We use the following formula for their hash:
keccak256(abi.encodePacked(uint32(_blockNumber)))
Timing invariants
ZKsync Era maintains strict timing invariants to ensure that each block's timestamp is accurate and consistent relative to other system timestamps.
These invariants include:
- For each L2 block its timestamp should be > the timestamp of the previous L2 block
- For each L2 block its timestamp should be ≥ timestamp of the batch it belongs to
- Each batch must start with a new L2 block (i.e. an L2 block can not span across batches).
- The timestamp of a batch must be ≥ the timestamp of the latest L2 block which belonged to the previous batch.
- The timestamp of the last miniblock in batch can not go too far into the future. This is enforced by publishing an L2→L1 log, with the timestamp which is then checked on L1.

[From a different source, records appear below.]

-- ===== src/Ledger/Sound/Report.antt =====
-- What `trial_balance` answers in a sound ledger.
use moneybee_backend.Base.{
  ℕ, ◌≡◌, refl, String, true, Option, none, some, List, [], ◌∷◌, inl, inr, ◌∙◌,
}
use moneybee_backend.Base.Action.{Result, ok, err, ◌>>=◌, >>=-of_ok, >>=-of_err}
use moneybee_backend.Principal.{Principal}
use moneybee_backend.Ledger.Records.{LedgerDb, LedgerProblem, Host}
use moneybee_backend.Ledger.Access.{require_finance_permission, active_organization}
use moneybee_backend.Ledger.Journal.Entry.{
  require_finance_permission-cases, active_organization-cases,
}
use moneybee_backend.Ledger.Balance.{
  TrialBalanceRead, trial_balance, report, report_on, available_in,
}
use moneybee_backend.Ledger.Sound.{IsSound}
use moneybee_backend.Ledger.Sound.Balanced.{read_balance_balanced}

-- A call that changes nothing and, where it returns, returns a balanced report.
abbrev pub Balances : LedgerDb → Result LedgerProblem TrialBalanceRead × LedgerDb → Type 0
Balances db (ok report, db') = (db' ≡ db) × (report.balanced ≡ true)
Balances db (err x, db') = db' ≡ db

report-Balances :
    (host : Host) (o : ℕ) (as_of : Option ℕ) (currency : Option String) (available : List String)
    (db : LedgerDb)
    → IsSound db
    → Balances db (report host o as_of currency available db)
unfolding report
report-Balances host o as_of (some c) available db sound =
    (refl, read_balance_balanced o _ _ db sound)
report-Balances host o as_of none [] db sound = (refl, read_balance_balanced o _ _ db sound)
report-Balances host o as_of none (c ∷ []) db sound = (refl, read_balance_balanced o _ _ db sound)
report-Balances host o as_of none (c ∷ d ∷ rest) db sound = refl

-- In a sound ledger a call of `trial_balance` changes nothing, and a report that it returns has
-- equal debit and credit totals.
pub trial_balance-Balances :
    (host : Host) (principal : Principal) (as_of : Option ℕ) (currency : Option String)
    (db : LedgerDb)
    → IsSound db
    → Balances db (trial_balance host principal as_of currency db)
unfolding trial_balance
trial_balance-Balances host principal as_of currency db sound =
    let permit = require_finance_permission principal "finance.read" in
    let start = active_organization principal >>= report_on host as_of currency in
    elim (require_finance_permission-cases principal "finance.read" db) [
      | inr (x, denied) ↦ rw (>>=-of_err permit (λ u. start) db denied) refl
      | inl granted ↦ elim (active_organization-cases principal db) [
        | inr (x, outside) ↦
            rw
              (>>=-of_ok permit (λ u. start) db granted
                ∙ >>=-of_err (active_organization principal) (report_on host as_of currency) db
                    outside)
              refl
        | inl (o, organization) ↦
            rw
              (>>=-of_ok permit (λ u. start) db granted
                ∙ >>=-of_ok (active_organization principal) (report_on host as_of currency) db
                    organization)
              (report-Balances host o as_of currency (available_in o db) db sound)
      ]
    ]
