-- ===== src/Ledger/Tests.antt =====
-- Runs of the ledger, and the theorems at concrete inputs.
use Prim.Native.String.{count}
use moneybee_backend.Base.{
  ℕ, ◌≡◌, ◌≢◌, ◌+◌, refl, arith, String, true, false, none, some, List, [], ◌∷◌, subst,
}
use moneybee_backend.Base.Action.{ok, err}
use moneybee_backend.Principal.{Principal}
use moneybee_backend.Ledger.Records.{
  LedgerAccount, AccountingPeriod, opened, JournalEntry, JournalPosting, JournalEntryCreate,
  AccountingPeriodCreate, LedgerDb, Host, debit, credit, unbalanced_journal,
  accounting_period_closed, idempotency_conflict,
}
use moneybee_backend.Ledger.Access.{
  has_permission, require_finance_permission, active_organization, validate_idempotency_key,
}
use moneybee_backend.Ledger.Journal.{
  same_text, period_for_date, entry_for_key, postings_of, existing_journal, check_accounts,
  add_journal, commit_journal, post_in_period, post_new, post_journal, new_entry, new_postings,
}
use moneybee_backend.Ledger.Journal.Outcomes.{Posts, post_journal-Posts, post_journal_again}
use moneybee_backend.Ledger.Setup.{
  create_accounting_period, save_period, closed_period, close_period_in, close_accounting_period,
}
use moneybee_backend.Ledger.Setup.Calendar.{IsCalendar, create_accounting_period-IsCalendar}
use moneybee_backend.Ledger.Setup.Closing.{Shuts, close_accounting_period-Shuts}
use moneybee_backend.Ledger.Setup.Shut.{post_journal_after_close}
use moneybee_backend.Ledger.Sound.{IsSound, IsFresh}
use moneybee_backend.Ledger.Balance.{accounts_in, trial_balance}
use moneybee_backend.Ledger.Sound.Post.{post_journal-IsSound}
use moneybee_backend.Ledger.Sound.Report.{Balances, trial_balance-Balances}

-- A host whose texts need no stripping; the hash of a command is its description.
abbrev host : Host
host = record {
  strip = λ s. s;
  upper = λ s. s;
  len = count;
  request_hash = λ payload. payload.description;
  now = 500;
}

abbrev accountant : Principal
accountant = record {
  user_id = 2;
  issuer = "moneybee";
  subject = "accountant";
  organization_ids = 40 ∷ [];
  active_organization_id = some 40;
  roles = [];
  permissions = "finance.post" ∷ "finance.read" ∷ "finance.manage" ∷ [];
  membership_types = [];
  borrower_id = none;
  lender_id = none;
  is_active = true;
}

abbrev account : ℕ → ℕ → String → LedgerAccount
account id o code = record {
  id = id;
  organization_id = o;
  code = code;
  name = code;
  account_type = "ASSET";
  currency = "USD";
  active = true;
}

abbrev january : ℕ → ℕ → AccountingPeriod
january id o = record {
  id = id;
  organization_id = o;
  name = "January";
  starts_at = 0;
  ends_at = 1000;
  status = opened;
  closed_at = none;
  closed_by = none;
}

abbrev books : LedgerDb
books = record {
  accounts =
      account 1 40 "CASH" ∷ account 2 40 "FEES" ∷ account 3 41 "CASH" ∷ account 4 41 "FEES" ∷ [];
  periods = january 9 40 ∷ january 10 41 ∷ [];
  entries = [];
  postings = [];
  audit = [];
  outbox = [];
}

abbrev command : String → ℕ → ℕ → JournalEntryCreate
command description first credited = record {
  source_type = "MANUAL";
  source_id = none;
  description = description;
  currency = "USD";
  effective_at = 300;
  postings =
      record { account_id = first; side = debit; amount = 100; memo = none }
      ∷ record { account_id = 1 + first; side = credit; amount = credited; memo = none }
      ∷ [];
}

abbrev fee_entry : JournalEntry
fee_entry = new_entry host accountant (command "fee" 1 100) "key-0001" 40 9 77

abbrev fee_postings : List JournalPosting
fee_postings = new_postings 77 "USD" (command "fee" 1 100).postings

abbrev fee_books : LedgerDb
fee_books = add_journal fee_entry fee_postings books

fee_run :
    post_journal host accountant (command "fee" 1 100) "key-0001" 77 none books
    ≡ (ok (fee_entry, fee_postings, false), fee_books)
unfolding has_permission require_finance_permission active_organization validate_idempotency_key
    same_text period_for_date entry_for_key existing_journal check_accounts commit_journal
    post_in_period post_new post_journal
fee_run = refl

odd_run :
    post_journal host accountant (command "fee" 1 90) "key-0001" 77 none books
    ≡ (err unbalanced_journal, books)
unfolding has_permission require_finance_permission active_organization validate_idempotency_key
    same_text entry_for_key existing_journal post_new post_journal
odd_run = refl

books-IsSound : IsSound books
books-IsSound = record { one_account = λ k. ground arith; balanced = tt; served = tt }

books-IsFresh : IsFresh 77 books
unfolding postings_of
books-IsFresh = record { no_account = refl; no_posting = refl; no_entry = tt }

fee_books-IsSound : IsSound fee_books
unfolding postings_of accounts_in same_text
fee_books-IsSound = record {
  one_account = λ k. ground arith;
  balanced = (refl, tt);
  served = ((refl, (refl, tt)), tt);
}

books-IsCalendar : IsCalendar books
books-IsCalendar = record { one_period = λ k. ground arith; one_covers = λ o t. ground arith }

abbrev shut_books : LedgerDb
shut_books = save_period accountant (closed_period host accountant (january 9 40)) books

close_run :
    close_accounting_period host accountant 9 books
    ≡ (ok (closed_period host accountant (january 9 40)), shut_books)
unfolding has_permission require_finance_permission active_organization close_period_in
    close_accounting_period
close_run = refl

-- another organization posts in the period that the first one closed
abbrev other : Principal
other = record accountant { organization_ids = 41 ∷ []; active_organization_id = some 41 }

abbrev other_entry : JournalEntry
other_entry = new_entry host other (command "fee" 3 100) "key-0001" 41 10 78

abbrev other_postings : List JournalPosting
other_postings = new_postings 78 "USD" (command "fee" 3 100).postings

other_run :
    post_journal host other (command "fee" 3 100) "key-0001" 78 none shut_books
    ≡ (ok (other_entry, other_postings, false), add_journal other_entry other_postings shut_books)
unfolding has_permission require_finance_permission active_organization validate_idempotency_key
    same_text period_for_date entry_for_key existing_journal check_accounts commit_journal
    post_in_period post_new post_journal
other_run = refl

closed_run :
    post_journal host accountant (command "fee" 1 100) "key-0001" 77 none shut_books
    ≡ (err accounting_period_closed, shut_books)
unfolding has_permission require_finance_permission active_organization validate_idempotency_key
    same_text period_for_date entry_for_key existing_journal check_accounts commit_journal
    post_in_period post_new post_journal
closed_run = refl

post_journal-Posts_example :
    Posts
      (command "fee" 1 100)
      books
      (post_journal host accountant (command "fee" 1 100) "key-0001" 77 none books)
post_journal-Posts_example =
    post_journal-Posts host accountant (command "fee" 1 100) "key-0001" 77 books

post_journal_again_example :
    post_journal host accountant (command "rent" 1 900) "key-0001" 78 none fee_books
    ≡ (err idempotency_conflict, fee_books)
unfolding same_text
post_journal_again_example =
    post_journal_again host accountant (command "fee" 1 100) (command "rent" 1 900) "key-0001" 77 78
      none books fee_books fee_entry fee_postings fee_run

post_journal-IsSound_example :
    IsSound
      (post_journal host accountant (command "fee" 1 100) "key-0001" 77 (some fee_books) books).1
post_journal-IsSound_example =
    post_journal-IsSound host accountant (command "fee" 1 100) "key-0001" 77 (some fee_books) books
      books-IsSound books-IsFresh (λ db' e. subst IsSound (cc e) fee_books-IsSound)

trial_balance-Balances_example :
    Balances fee_books (trial_balance host accountant none none fee_books)
trial_balance-Balances_example =
    trial_balance-Balances host accountant none none fee_books fee_books-IsSound

abbrev february : AccountingPeriodCreate
february = record { name = "February"; starts_at = 1000; ends_at = 2000 }

create_accounting_period-IsCalendar_example :
    IsCalendar (create_accounting_period host accountant february 11 none books).1
create_accounting_period-IsCalendar_example =
    create_accounting_period-IsCalendar host accountant february 11 none books books-IsCalendar refl
      (λ db' e. cc e)

close_accounting_period-Shuts_example :
    Shuts host accountant 9 books (close_accounting_period host accountant 9 books)
close_accounting_period-Shuts_example =
    close_accounting_period-Shuts host accountant 9 books books-IsCalendar

post_journal_after_close_example :
    other_entry.organization_id ≢ (closed_period host accountant (january 9 40)).organization_id
post_journal_after_close_example =
    post_journal_after_close host host accountant other 9 78 books shut_books
      (add_journal other_entry other_postings shut_books)
      (closed_period host accountant (january 9 40)) (command "fee" 3 100) "key-0001" other_entry
      other_postings books-IsCalendar close_run (omega arith) (omega arith) other_run
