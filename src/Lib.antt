-- ===== src/Lib.antt =====
-- SuperFlash Monitor: the onboarding of servers over SSH, the synchronisation of channels, the
-- collections of measurements, their sources and histories, the inventory of servers and the alerts.
--
-- The program is a FastAPI service (app/) over a relational database. A source of measurements is
-- read by collections, one at a time, which synchronise channels and store samples; alerts are
-- evaluated on the latest samples; an operator adds a server by an onboarding, a job that connects
-- to the server over SSH, installs an exporter, sets its firewall and enables the server.
--
-- Prelude and Text hold what the other modules share: tests, lists and the functions of Python's
-- str.
--
-- Ssh models app/services/ssh_service.py. Ssh.Catalogue has its types and detect_firewall,
-- Ssh.Inventory the parser parse_inventory_output, Ssh.HostKey the host key policy, Ssh.Connect
-- the method connect and the classification of its errors. The library paramiko is not modelled:
-- what the network gives to each attempt is data (Network), and the rule that a loaded key is
-- compared before the policy is asked is check_key.
--
-- Onboarding models app/services/onboarding_service.py with app/models/onboarding.py,
-- app/schemas/onboarding.py, app/repositories/onboarding_repository.py and the endpoints of
-- app/api/v1/onboarding.py. Onboarding.Types has the rows, Onboarding.Texts the catalogue of
-- errors, Onboarding.Api recover_stale and the endpoints as functions of one onboarding and its
-- events. Onboarding.Job is the state of a job: the database, the session's copies with the
-- assignments that are not committed, what was sent to the host, and the readings of the clock.
-- Surroundings is what a job does not decide: the clock, the replies of the host, Prometheus, and
-- what other sessions commit before each of its refreshes and commands: cancellations, expiries and
-- removals of the server. Not modelled are a retry or a rollback of the same onboarding by another
-- session while the job runs, other sessions that write the server, and commits that fail.
-- Onboarding.Steps has _transition, _check_cancel and _fail, Onboarding.Precheck _discover_and_precheck and
-- _register_inventory, Onboarding.Run the method run in the order of its statements,
-- Onboarding.Rollback the method rollback. A job has no loop: no fuel is needed. The methods that open
-- no database, Onboarding.Preflight (test_ssh) and Onboarding.Discovery (discover), are talks with a
-- host (Onboarding.Visit) that fill in a report; the host's replies may depend on all that was sent.
-- Onboarding.Health is the method health, which reads the stored samples, Onboarding.Maintenance the
-- method maintenance. Onboarding.Shown says what the exchanges with a host show.
--
-- Channels models app/models/channel.py and app/repositories/channel_repository.py: Channels.Parts
-- the events, streams and category intervals, Channels.Sync upsert_from_snapshot,
-- Channels.Reconcile reconcile_missing. A table is a list with the key that the database gives out
-- next, and a query that takes the first row takes the first of the list.
--
-- Collection models app/collectors/runner.py, app/collectors/lock.py and
-- app/repositories/collection_run_repository.py: Collection.Runs the history, Collection.Runner
-- _run_locked, Collection.Locks the two locks as a step function over calls of several processes,
-- Collection.Channels and Collection.Samples the methods _sync_channels and _store_server_metrics
-- of app/collectors/collection.py, where which savepoints raise is a parameter. What the service
-- does to the history is data (Collecting).
--
-- Alerts models app/services/alert_service.py with its repository and endpoint: Alerts.Evaluate
-- the candidates, Alerts.Sync the stored alerts. Floating point numbers are a parameter (Floats).
--
-- History models the stored samples: History.Samples the method list_metrics of
-- app/repositories/server_repository.py and channel_repository.py, History.Cursor the cursor of
-- app/api/pagination.py (base64 and the texts of instants are a parameter, Codec), History.Pages the
-- endpoints of app/api/v1/servers.py and channels.py that use it, History.Retention prune_history of
-- app/services/retention_service.py and the command app/tasks/prune_metrics.py. The function follow
-- of History.Follow, a client, takes the number of pages it may ask for as fuel.
--
-- Servers models the inventory, app/models/server.py with app/repositories/server_repository.py and
-- app/api/v1/servers.py: Servers.Types the tables, with what the foreign keys of app/models do when a
-- server is deleted, Servers.Relations what protects a server, Servers.Repository the writing methods
-- and Servers.Endpoints the endpoints that call them.
--
-- Sources models app/adapters/prometheus.py with app/adapters/inventory.py, and
-- app/adapters/composite.py. Sources.Json is what Python does with a decoded answer, Sources.Fetch
-- one query (what the network answers may depend on every request before and is a parameter),
-- Sources.Queries the PromQL, Sources.Host a host, Sources.Infrastructure an inventory,
-- Sources.Probe the diagnosis, Sources.Groups, Sources.Inventory and Sources.Database the managed
-- servers in groups of one address and token, Sources.Composite the measurement of a cycle.
--
-- The retries of Ssh.Connect are the fuel of its loop, as in the source: retry_count + 1 attempts.
-- Instants are microseconds as natural numbers, and a difference of instants is written as a sum
-- on the other side. Messages for people, logging and the payloads of the endpoints are left out,
-- save the texts that are stored.
--
-- Not modelled: the rest of the collection service, the filtered pages of servers and channels,
-- recommendations, the mock sources, the scheduler, the migrations, the scripts and the frontend. Of
-- the onboarding service, create_server_and_onboarding and diagnose are not modelled.
pub mod Prelude
pub mod Text
pub mod Ssh
pub mod Onboarding
pub mod Channels
pub mod Collection
pub mod Alerts
pub mod History
pub mod Servers
pub mod Sources
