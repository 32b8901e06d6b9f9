-- ===== src/Alerts.antt =====
-- The alerts: app/models/alert.py, app/repositories/alert_repository.py, app/services/alert_service.py
-- and app/api/v1/alerts.py.
pub mod Types
pub mod Evaluate
pub mod Sync
pub mod Fired
pub mod Current
mod Tests
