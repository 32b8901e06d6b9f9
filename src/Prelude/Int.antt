-- ===== src/Prelude/Int.antt =====
-- The integers that Python's `int` reads; `negsuc n` is -(n + 1).
use Prim.Native.Nat.{ℕ}
use mathlib.Core.Option.{Option, none, some}

pub data ℤ : Type 0 where
  pos : ℕ → ℤ
  negsuc : ℕ → ℤ

-- `value if value >= 0 else None`
abbrev pub non_negative : Option ℤ → Option ℕ
non_negative none = none
non_negative (some (pos n)) = some n
non_negative (some (negsuc _)) = none
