-- ===== src/Alerts/Types.antt =====
-- The rows of app/models/alert.py and the candidates of app/schemas/alerts.py. The numbers that are
-- floating point in Python are of a type that the model takes as a parameter.
use superflash_ia.Prelude.{ℕ, String, Bool, true, false, Option}

-- `AlertType`
pub data AlertType : Type 0 where
  high_cpu high_memory high_disk high_network_utilization stale_server : AlertType

-- Its values.
unfoldable pub type_value : AlertType → String
type_value high_cpu = "high_cpu"
type_value high_memory = "high_memory"
type_value high_disk = "high_disk"
type_value high_network_utilization = "high_network_utilization"
type_value stale_server = "stale_server"

abbrev pub type_beq : AlertType → AlertType → Bool
type_beq high_cpu high_cpu = true
type_beq high_memory high_memory = true
type_beq high_disk high_disk = true
type_beq high_network_utilization high_network_utilization = true
type_beq stale_server stale_server = true
type_beq _ _ = false

-- `AlertSeverity`
pub data Severity : Type 0 where
  info warning critical : Severity

-- `AlertStatus`
pub data AlertStatus : Type 0 where
  active acknowledged resolved : AlertStatus

abbrev pub is_resolved : AlertStatus → Bool
is_resolved resolved = true
is_resolved _ = false

-- The floating point numbers, with the operations of the code on them: `a > b`, `a >= n`, `a <= 0`,
-- `round(a / b * 100, 2)`, `round(age.total_seconds() / 60, 1)` of microseconds and `float(n)`; and how Python writes
-- numbers and integers.
pub record Floats : Type 1 where
  pub Number : Type 0
  pub exceeds : Number → Number → Bool
  pub is_at_least : Number → ℕ → Bool
  pub is_positive : Number → Bool
  pub percentage : Number → Number → Number
  pub minutes_of : ℕ → Number
  pub from_int : ℕ → Number
  pub text_of : Number → String
  pub decimal : ℕ → String

module _ (F : Floats) where
  -- `AlertRead`, as far as the evaluation sets it.
  pub record Candidate : Type 0 where
    pub alert_type : AlertType
    pub server_id : ℕ
    pub server_name : String
    pub message : String
    pub value : Option F.Number
    pub threshold : Option F.Number
    pub collected_at : Option ℕ

  -- `Alert`
  pub record Alert : Type 0 where
    pub alert_id : ℕ
    pub fingerprint : String
    pub alert_type : AlertType
    pub severity : Severity
    pub status : AlertStatus
    pub server_id : ℕ
    pub server_name : String
    pub message : String
    pub value : Option F.Number
    pub threshold : Option F.Number
    pub collected_at : Option ℕ
    pub first_seen_at : ℕ
    pub last_seen_at : ℕ
    pub acknowledged_at : Option ℕ
    pub resolved_at : Option ℕ

  -- The columns of a server and of its latest sample that the evaluation reads.
  pub record WatchedServer : Type 0 where
    pub server_id : ℕ
    pub name : String
    pub enabled : Bool
    pub network_capacity_mbps : Option F.Number

  pub record Sample : Type 0 where
    pub collected_at : ℕ
    pub cpu_percent : F.Number
    pub memory_percent : F.Number
    pub disk_percent : Option F.Number
    pub output_mbps : F.Number

  -- The settings `alert_*`.
  pub record Thresholds : Type 0 where
    pub cpu : F.Number
    pub memory : F.Number
    pub disk : F.Number
    pub network_utilization : F.Number
    pub stale_minutes : ℕ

Finalization of batches with fictive L2 blocks
At the end of each batch, a fictive L2 block is generated from the bootloader to finalize the transactions and prepare for the next batch. This block, typically empty, acts as a procedural step within the internal node operations. This empty block contains a Transfer event log, representing the bootloader transferring the collected fees to the operator. Additionally, the timestamps of the batch and the last miniblock are verified against realistic expectations on L1 to ensure temporal consistency and prevent future discrepancies.